Since the Sixties, when the Brits took off for the costas, there can be few who haven't experienced what passes for flamenco. Despite mostly second-rate performers, it's almost impossible not to feel its visceral thrill. Just as Don José lost his heart, and much besides, to the shameless Carmen, so we fell for its rough embrace. My first encounter was at a Costa Brava nightclub called Las Cuevas, where the male lead was the now celebrated Antonio Gades. I was nine!

It was a woman, Italian as it happens, who broke Jason Webster's youthful heart, leading him to abandon his Oxbridge career as an Arabic scholar and to head for Spain with a cheap guitar and a desire to do something "colourful, exciting and wild". He fetched up in Alicante, where a friend of a friend was happy to offer a bed. There Webster taught English, spending his meagre earnings on guitar lessons under the Latin-tempered Juan, practising until his fingers bled.

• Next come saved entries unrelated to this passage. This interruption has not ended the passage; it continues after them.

-- ===== src/Transaction/Lifecycle.antt =====
-- The life of a transaction object, and what the server sees of it.
use demiplane.Prelude.{
  ℕ, ◌+◌, ◌≡◌, ◌∙◌, refl, sym, ap, Bool, true, false, Option, none, some, List, [], ◌∷◌, ◌++◌, Text,
  Bool-cases, inl, inr, if◌then◌else◌, arith,
}
use demiplane.Transaction.{
  TransactionOptions, TransactionStatus, is_idle, is_active, idle, active, committed, rolled_back,
  failed, Control, begin_with, commit_it, roll_it_back, save, rollback_to, release, Event, sent,
  returned, Transaction, Savepoint, new_transaction, execute_control, conclude, begin_sql, begin,
  commit, rollback, savepoint, rollback_savepoint, release_savepoint, move_assign, to_begin_sql,
  is_valid_identifier,
}

-- Whether the server is inside a transaction after an event: a BEGIN that succeeds opens one, and
-- COMMIT and ROLLBACK end it, also where they fail.
abbrev pub inside : Bool → Event → Bool
inside b (sent (begin_with t) true) = true
inside b (sent (begin_with t) false) = b
inside b (sent commit_it done) = false
inside b (sent roll_it_back done) = false
inside b (sent (save n) done) = b
inside b (sent (rollback_to n) done) = b
inside b (sent (release n) done) = b
inside b returned = b

unfoldable pub inside_after : Bool → List Event → Bool
inside_after b [] = b
inside_after b (e ∷ rest) = inside_after (inside b e) rest

-- How often the connection went back to the pool, and whether a transaction was open then.
unfoldable pub returns : List Event → ℕ
returns [] = 0
returns (sent c done ∷ rest) = returns rest
returns (returned ∷ rest) = 1 + returns rest

inside_after-append :
    (b : Bool) (l : List Event) (e : Event)
    → inside_after b (l ++ e ∷ []) ≡ inside (inside_after b l) e
unfolding inside_after
inside_after-append b [] e = refl
inside_after-append b (x ∷ l) e = inside_after-append (inside b x) l e

returns-append_sent :
    (l : List Event) (c : Control) (done : Bool) → returns (l ++ sent c done ∷ []) ≡ returns l
unfolding returns
returns-append_sent [] c done = refl
returns-append_sent (sent d k ∷ l) c done = returns-append_sent l c done
returns-append_sent (returned ∷ l) c done = ap (λ (n : ℕ). 1 + n) (returns-append_sent l c done)

returns-append_returned : (l : List Event) → returns (l ++ returned ∷ []) ≡ returns l + 1
unfolding returns
returns-append_returned [] = refl
returns-append_returned (sent d k ∷ l) = returns-append_returned l
returns-append_returned (returned ∷ l) = omega (arith, returns-append_returned l)

module _ (answers : List Event → Control → Bool) where
  -- A transaction object after some calls of its methods and of its savepoints'.
  pub data TransactionReach : Transaction → Type 0 where
    fresh : (live : Bool) (o : TransactionOptions) → TransactionReach (new_transaction live o)
    began : {t : Transaction} → TransactionReach t → TransactionReach (begin answers t).1
    committed_by : {t : Transaction} → TransactionReach t → TransactionReach (commit answers t).1
    rolled_back_by :
        {t : Transaction} → TransactionReach t → TransactionReach (rollback answers t).1
    saved :
        {t : Transaction}
        → TransactionReach t
        → (n : Text) → TransactionReach (savepoint answers n t).1
    to_savepoint :
        {t : Transaction}
        → TransactionReach t
        → (s : Savepoint)
        → TransactionReach (record t { log = (rollback_savepoint answers s t.log).1 })
    past_savepoint :
        {t : Transaction}
        → TransactionReach t
        → (s : Savepoint)
        → TransactionReach (record t { log = (release_savepoint answers s t.log).1 })

  -- The status says whether the server is inside a transaction.
  pub record IsTrue (t : Transaction) : Type 0 where
    pub told : inside_after false t.log ≡ is_active t.status
    pub kept : returns t.log ≡ 0

  conclude-IsTrue :
      (c : Control) (good : TransactionStatus) (t : Transaction)
      → ((done : Bool)
          → inside (is_active t.status) (sent c done) ≡ is_active (if done then good else failed))
      → IsTrue t
      → IsTrue (conclude answers c good t).1
  unfolding conclude execute_control
  conclude-IsTrue c good t h i =
      let grown = λ (done : Bool).
        inside_after-append false t.log (sent c done)
        ∙ ap (λ (b : Bool). inside b (sent c done)) i.told
        ∙ h done in
      elim (Bool-cases (answers t.log c)) [
        | inl e ↦
            simp e (record { told = grown true; kept = returns-append_sent t.log c true ∙ i.kept })
        | inr e ↦
            simp e
              (record { told = grown false; kept = returns-append_sent t.log c false ∙ i.kept })
      ]

  -- A command of a savepoint.
  savepoint_command-IsTrue :
      (c : Control) (t : Transaction)
      → ((b done : Bool) → inside b (sent c done) ≡ b)
      → IsTrue t
      → IsTrue (record t { log = (execute_control answers c t.log).1 })
  unfolding execute_control
  savepoint_command-IsTrue c t h i = record {
    told = inside_after-append false t.log (sent c (answers t.log c)) ∙ h _ _ ∙ i.told;
    kept = returns-append_sent t.log c (answers t.log c) ∙ i.kept;
  }

  begin_sql-IsTrue :
      (o : Option Text) (t : Transaction)
      → is_active t.status ≡ false
      → IsTrue t
      → IsTrue (begin_sql answers o t).1
  unfolding begin_sql
  begin_sql-IsTrue none t h i = i
  begin_sql-IsTrue (some text) t h i = conclude-IsTrue (begin_with text) active t begins i
    where
      begins :
          (done : Bool)
          → inside (is_active t.status) (sent (begin_with text) done)
            ≡ is_active (if done then active else failed)
      begins true = refl
      begins false = h

  idle_not_active : (s : TransactionStatus) → is_idle s ≡ true → is_active s ≡ false
  idle_not_active idle h = refl
  idle_not_active active h = absurd cc
  idle_not_active committed h = refl
  idle_not_active rolled_back h = refl
  idle_not_active failed h = refl

  begin-IsTrue : (t : Transaction) → IsTrue t → IsTrue (begin answers t).1
  unfolding begin
  begin-IsTrue t i = elim (Bool-cases (is_idle t.status)) [
    | inl e ↦ simp e (begin_sql-IsTrue (to_begin_sql t.options) t (idle_not_active t.status e) i)
    | inr e ↦ simp e i
  ]

  ending :
      (done : Bool) (good : TransactionStatus)
      → is_active good ≡ false
      → false ≡ is_active (if done then good else failed)
  ending true good h = sym h
  ending false good h = refl

  commit-IsTrue : (t : Transaction) → IsTrue t → IsTrue (commit answers t).1
  unfolding commit
  commit-IsTrue t i = elim (Bool-cases (is_active t.status)) [
    | inl e ↦ simp e (conclude-IsTrue commit_it committed t (λ d. ending d committed refl) i)
    | inr e ↦ simp e i
  ]

  rollback-IsTrue : (t : Transaction) → IsTrue t → IsTrue (rollback answers t).1
  unfolding rollback
  rollback-IsTrue t i = elim (Bool-cases (is_active t.status)) [
    | inl e ↦ simp e (conclude-IsTrue roll_it_back rolled_back t (λ d. ending d rolled_back refl) i)
    | inr e ↦ simp e i
  ]

  savepoint-IsTrue : (n : Text) (t : Transaction) → IsTrue t → IsTrue (savepoint answers n t).1
  unfolding savepoint
  savepoint-IsTrue n t i =
      let sent_it = savepoint_command-IsTrue (save n) t (λ b d. refl) i in
      elim (Bool-cases (is_active t.status)) [
        | inl e ↦ elim (Bool-cases (is_valid_identifier n)) [
          | inl v ↦ elim (Bool-cases (execute_control answers (save n) t.log).0) [
            | inl d ↦ simp (e, v, d) sent_it
            | inr d ↦ simp (e, v, d) sent_it
          ]
          | inr v ↦ simp (e, v) i
        ]
        | inr e ↦ simp e i
      ]

  -- While a transaction object lives, its status is ACTIVE exactly when the server is inside a
  -- transaction, and the connection has not gone back to the pool.
  TransactionReach-IsTrue : {t : Transaction} → TransactionReach t → IsTrue t
  unfolding new_transaction inside_after returns rollback_savepoint release_savepoint
  TransactionReach-IsTrue (fresh live o) = record { told = refl; kept = refl }
  TransactionReach-IsTrue (began {t} r) = begin-IsTrue t (TransactionReach-IsTrue r)
  TransactionReach-IsTrue (committed_by {t} r) = commit-IsTrue t (TransactionReach-IsTrue r)
  TransactionReach-IsTrue (rolled_back_by {t} r) = rollback-IsTrue t (TransactionReach-IsTrue r)
  TransactionReach-IsTrue (saved {t} r n) = savepoint-IsTrue n t (TransactionReach-IsTrue r)
  TransactionReach-IsTrue (to_savepoint {t} r s) =
      let i = TransactionReach-IsTrue r in
      elim (Bool-cases s.is_open) [
        | inl e ↦ simp e (savepoint_command-IsTrue (rollback_to s.name) t (λ b d. refl) i)
        | inr e ↦ simp e i
      ]
  TransactionReach-IsTrue (past_savepoint {t} r s) =
      let i = TransactionReach-IsTrue r in
      elim (Bool-cases s.is_open) [
        | inl e ↦ simp e (savepoint_command-IsTrue (release s.name) t (λ b d. refl) i)
        | inr e ↦ simp e i
      ]

  -- Move assignment to an object whose transaction is active returns that object's connection to the
  -- pool with the transaction still open on the server, where the destructor rolls it back.
  pub move_assign_leaves_open :
      {t : Transaction}
      → TransactionReach t
      → t.live ≡ true
      → t.status ≡ active
      → (other : Transaction)
      → (inside_after false (move_assign t other).0 ≡ true) × (returns (move_assign t other).0 ≡ 1)
  unfolding move_assign
  move_assign_leaves_open {t} r live at other =
      let i = TransactionReach-IsTrue r in
      simp live (
        inside_after-append false t.log returned ∙ i.told ∙ ap is_active at,
        returns-append_returned t.log ∙ omega (arith, i.kept),
      )
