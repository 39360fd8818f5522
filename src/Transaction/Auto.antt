-- ===== src/Transaction/Auto.antt =====
-- AutoTransaction (transaction/auto_transaction/auto_transaction.cpp), and how a session begins one
-- (session/blocking/postgres_blocking_session.cpp).
use demiplane.Prelude.{
  ◌≡◌, ◌≢◌, refl, ap, Bool, true, false, not, ◌&&◌, Option, none, some, List, [], Text, Bool-cases,
  Option-cases, inl, inr, arith, ◌↔◌, if◌then◌else◌,
}
use demiplane.Transaction.{
  TransactionOptions, active, Control, begin_with, Event, Transaction, Savepoint, Outcome, ok,
  invalid_state, invalid_argument, refused, thrown, new_transaction, execute_control, conclude,
  begin_sql, begin, commit, savepoint, destroy, release_savepoint, to_begin_sql, is_serializable,
  is_read_only,
}
use demiplane.Transaction.Lifecycle.{inside_after, returns}

pub record AutoTransaction : Type 0 where
  pub tx : Transaction

-- What begin_auto_transaction ends with: the object, an error with what was done on the connection,
-- an error of the pool, or a call of std::terminate, since the function is noexcept.
pub data Begun : Type 0 where
  running : AutoTransaction → Begun
  not_begun : List Event → Begun
  no_connection terminated : Begun

module _ (answers : List Event → Control → Bool) where
  abbrev pub begun : Outcome Unit × Transaction → Begun
  begun (ok done, t) = running (record { tx = t })
  begun (invalid_state, t) = not_begun (destroy answers t)
  begun (invalid_argument, t) = not_begun (destroy answers t)
  begun (refused, t) = not_begun (destroy answers t)
  begun (thrown, t) = terminated

  -- `acquired` is whether the pool lends a connection.
  unfoldable pub begin_auto_transaction : Bool → TransactionOptions → Begun
  begin_auto_transaction false o = no_connection
  begin_auto_transaction true o = begun (begin answers (new_transaction true o))

  unfoldable pub commit_auto : AutoTransaction → Outcome Unit × AutoTransaction
  commit_auto a = let (r, t) = commit answers a.tx in (r, record { tx = t })

  unfoldable pub savepoint_auto : Text → AutoTransaction → Outcome Savepoint × AutoTransaction
  savepoint_auto name a = let (r, t) = savepoint answers name a.tx in (r, record { tx = t })

  -- The destructor of a savepoint, on the log of its connection.
  unfoldable pub destroy_savepoint : Savepoint → List Event → List Event
  destroy_savepoint s log = if s.is_open then (release_savepoint answers s log).1 else log

  -- Move assignment of savepoints of one connection: the log, the target and the source.
  unfoldable pub move_assign_savepoint :
      Savepoint → Savepoint → List Event → List Event × Savepoint × Savepoint
  move_assign_savepoint s other log =
      (destroy_savepoint s log, other, record other { is_open = false })

  -- Either a transaction runs on a connection that is still borrowed, or none does and the connection
  -- went back once.
  abbrev pub IsClean : Begun → Type 0
  IsClean (running a) =
      (a.tx.status ≡ active) × (inside_after false a.tx.log ≡ true) × (returns a.tx.log ≡ 0)
  IsClean (not_begun log) = (inside_after false log ≡ false) × (returns log ≡ 1)
  IsClean no_connection = Unit {0}
  IsClean terminated = Unit {0}

  begun_with :
      (o : TransactionOptions) (text : Text)
      → to_begin_sql o ≡ some text
      → begin_auto_transaction true o
        ≡ begun (conclude answers (begin_with text) active (new_transaction true o))
  unfolding begin_auto_transaction begin begin_sql new_transaction
  begun_with o text e =
      ap (λ (x : Option Text). begun (begin_sql answers x (new_transaction true o))) e

  begun_without :
      (o : TransactionOptions) → to_begin_sql o ≡ none → begin_auto_transaction true o ≡ terminated
  unfolding begin_auto_transaction begin begin_sql new_transaction
  begun_without o e =
      ap (λ (x : Option Text). begun (begin_sql answers x (new_transaction true o))) e

  concluded-IsClean :
      (o : TransactionOptions) (text : Text)
      → IsClean (begun (conclude answers (begin_with text) active (new_transaction true o)))
  unfolding conclude execute_control new_transaction destroy inside_after returns
  concluded-IsClean o text = elim (Bool-cases (answers [] (begin_with text))) [
    | inl e ↦ simp e (refl, refl, refl)
    | inr e ↦ simp e (refl, refl)
  ]

  begin_sql_text :
      (o : TransactionOptions)
      → (o.deferrable && not (is_serializable o.isolation && is_read_only o.access)) ≡ false
      → (text : Text) × (to_begin_sql o ≡ some text)
  unfolding to_begin_sql
  begin_sql_text o h = elim (Option-cases (to_begin_sql o)) [
    | inl e ↦ ground (arith, h, e)
    | inr r ↦ r
  ]

  no_begin_sql :
      (o : TransactionOptions)
      → (o.deferrable && not (is_serializable o.isolation && is_read_only o.access)) ≡ true
      → to_begin_sql o ≡ none
  unfolding to_begin_sql
  no_begin_sql o h = ground (arith, h)

  begun_not_terminated :
      (o : TransactionOptions) (text : Text)
      → (begun (conclude answers (begin_with text) active (new_transaction true o))) ≢ terminated
  unfolding conclude execute_control new_transaction
  begun_not_terminated o text = elim (Bool-cases (answers [] (begin_with text))) [
    | inl e ↦ simp e (λ h. absurd cc)
    | inr e ↦ simp e (λ h. absurd cc)
  ]

  begun-IsClean :
      (o : TransactionOptions)
      → IsClean (begin_auto_transaction true o)
        × ((begin_auto_transaction true o ≡ terminated)
            ↔ ((o.deferrable && not (is_serializable o.isolation && is_read_only o.access)) ≡ true))
  begun-IsClean o =
      elim (Bool-cases
        (o.deferrable && not (is_serializable o.isolation && is_read_only o.access))) [
          | inl e ↦ simp (begun_without o (no_begin_sql o e)) (tt, ((λ h. e), (λ h. refl)))
          | inr e ↦
              let (text, written) = begin_sql_text o e in
              simp (begun_with o text written, e)
                (
                  concluded-IsClean o text,
                  ((λ h. absurd (begun_not_terminated o text h)), (λ h. absurd cc)),
                )
        ]

  -- begin_auto_transaction either gives a transaction that is ACTIVE, with the server inside it and
  -- the connection borrowed, or it gives an error and the connection, if there was one, went back
  -- once with no transaction open, or it terminates the program. It does so exactly when a connection
  -- was acquired and the options ask for DEFERRABLE without SERIALIZABLE or without READ ONLY.
  pub begin_auto_transaction-IsClean :
      (acquired : Bool) (o : TransactionOptions)
      → IsClean (begin_auto_transaction acquired o)
        × ((begin_auto_transaction acquired o ≡ terminated) ↔ (
            (acquired && o.deferrable && not (is_serializable o.isolation && is_read_only o.access))
            ≡ true))
  unfolding begin_auto_transaction
  begin_auto_transaction-IsClean false o = (tt, ((λ e. absurd cc), (λ e. absurd cc)))
  begin_auto_transaction-IsClean true o = begun-IsClean o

"Duende," explains Juan, is being in love. "It is being with people you love and care for." Soon our would-be guitarist is in love with Lola, the wife of his boss at the language school, whose dancing ambitions have been thwarted by her macho snob of a husband. Like many so-called Spanish sophisticates, he considers flamenco an embarrassing reminder of the old Spain.

Fear of discovery propels Webster to Madrid in search of "real" flamenco. He thinks he finds it with a bunch of gypsies and is prepared to share a room with cockroaches and "the unforgiving stench of cat piss" in order to learn at their feet. They accept el churumbel (gypsy slang for kid) at a terrifying price: soon the skinny, blond honorary gypsy is sniffing coke and stealing cars. Only when one of the gang dies in a high-speed escapade does Webster come to his senses and split.

In Granada, he plays guitar for dance classes, hangs out with the ageless and enigmatic Grace, an Englishwoman who has discovered her own particular duende, and watches the great Paco de Lucia perform amid the splendour of the Alhambra. In the magic of the flower-scented night, Webster, the Arabic scholar, recognises that such artistry requires "genius and discipline: the subtle concept of duende at the heart of flamenco cannot be produced by cocaine, any more than LSD brings genuine enlightenment".

A few years on, Webster is living in Valencia with a dancer whom he accompanies only as she works out. The book ends with the guitar no longer the centre of his life, merely an essential part of his day. He has come of age. Reading Duende, you learn a good deal about an ancient and complex art form that the unlamented Generalissimo ordered reinvented for the tourists: flamenco-lite was as much a part of Franco's Spain as straw donkeys and bullfight posters.

These days, real flamenco is being taken seriously again, in Spain and beyond: the Escuela de Baile in London's Camden Town offers courses on palmas (clapping) and castanets, as well as on voice, dance and guitar. But if a white boy can't sing the blues, can a mere Brit play flamenco? If only Duende came with a CD: El Churumbel would be a great title.